(Aim of the exercise): All of the entries are to be restated word for word.

(Items from a data source)

++++++

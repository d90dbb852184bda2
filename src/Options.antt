-- ===== src/Options.antt =====
-- The option machinery that src/ureq/config.c and src/ures/config.c both hold, in the same text:
-- the table of options, the string for getopt(3), and the loop over what getopt(3) returns.
pub mod Laws
pub mod Reading
pub mod Usage
use nemo_core.Prelude.{ℕ, ◌+◌, Bool, Option, none, some, List, [], ◌∷◌, ◌++◌, ◌==◌, if◌then◌else◌}
use nemo_core.Parse.{Text}

-- What an option's action did: changed the state, returned false, or left the process by exit(3).
pub data Action (S : Type 0) : Type 0 where
  next : S → Action S
  refused : Action S
  exits : Action S

-- `struct option`. The state is the configuration with the static counter of `option_a`.
pub record Opt (S : Type 0) : Type 0 where
  pub op_name : ℕ
  pub op_arg : Bool
  pub op_act : Text → S → Action S

-- One return of getopt(3): an option character with `optarg`. `b'?'` is an option unknown to it.
pub record Getopt : Type 0 where
  pub opt : ℕ
  pub optarg : Text

-- A store of the form `*out = x; return true` where a parser succeeded, else `return false`.
abbrev pub store : {S : Type 0} → Option ℕ → (ℕ → S) → Action S
store none f = refused
store (some x) f = next (f x)

module _ {S : Type 0} where
  -- The characters that `generate_getopt_string` writes from `sidx` on.
  unfoldable pub generate_getopt_string : List (Opt S) → Text
  generate_getopt_string [] = []
  generate_getopt_string (o ∷ opts) =
      o.op_name ∷ ((if o.op_arg then b':' ∷ [] else []) ++ generate_getopt_string opts)

  -- The inner loop: the action of the first option of that name. A character that no option has
  -- changes nothing.
  unfoldable pub run_option : List (Opt S) → Getopt → S → Action S
  run_option [] g s = next s
  run_option (o ∷ opts) g s =
      let rest = run_option opts g s in if o.op_name == g.opt then o.op_act g.optarg s else rest

  -- The outer loop, over what getopt(3) returns before its -1.
  unfoldable pub run_options : List (Opt S) → List Getopt → S → Action S
  run_options opts [] s = next s
  run_options opts (g ∷ gs) s = if g.opt == b'?' then refused else elim (run_option opts g s) [
    | next s' ↦ run_options opts gs s'
    | refused ↦ refused
    | exits ↦ exits
  ]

++++++

(Exercise answer):
repository d90dbb852184bda2
filename src/Options.antt
-- ===== src/Options.antt =====
-- The option machinery that src/ureq/config.c and src/ures/config.c both hold, in the same text:
-- the table of options, the string for getopt(3), and the loop over what getopt(3) returns.
pub mod Laws
pub mod Reading
pub mod Usage
use nemo_core.Prelude.{ℕ, ◌+◌, Bool, Option, none, some, List, [], ◌∷◌, ◌++◌, ◌==◌, if◌then◌else◌}
use nemo_core.Parse.{Text}

-- What an option's action did: changed the state, returned false, or left the process by exit(3).
pub data Action (S : Type 0) : Type 0 where
  next : S → Action S
  refused : Action S
  exits : Action S

-- `struct option`. The state is the configuration with the static counter of `option_a`.
pub record Opt (S : Type 0) : Type 0 where
  pub op_name : ℕ
  pub op_arg : Bool
  pub op_act : Text → S → Action S

-- One return of getopt(3): an option character with `optarg`. `b'?'` is an option unknown to it.
pub record Getopt : Type 0 where
  pub opt : ℕ
  pub optarg : Text

-- A store of the form `*out = x; return true` where a parser succeeded, else `return false`.
abbrev pub store : {S : Type 0} → Option ℕ → (ℕ → S) → Action S
store none f = refused
store (some x) f = next (f x)

module _ {S : Type 0} where
  -- The characters that `generate_getopt_string` writes from `sidx` on.
  unfoldable pub generate_getopt_string : List (Opt S) → Text
  generate_getopt_string [] = []
  generate_getopt_string (o ∷ opts) =
      o.op_name ∷ ((if o.op_arg then b':' ∷ [] else []) ++ generate_getopt_string opts)

  -- The inner loop: the action of the first option of that name. A character that no option has
  -- changes nothing.
  unfoldable pub run_option : List (Opt S) → Getopt → S → Action S
  run_option [] g s = next s
  run_option (o ∷ opts) g s =
      let rest = run_option opts g s in if o.op_name == g.opt then o.op_act g.optarg s else rest

  -- The outer loop, over what getopt(3) returns before its -1.
  unfoldable pub run_options : List (Opt S) → List Getopt → S → Action S
  run_options opts [] s = next s
  run_options opts (g ∷ gs) s = if g.opt == b'?' then refused else elim (run_option opts g s) [
    | next s' ↦ run_options opts gs s'
    | refused ↦ refused
    | exits ↦ exits
  ]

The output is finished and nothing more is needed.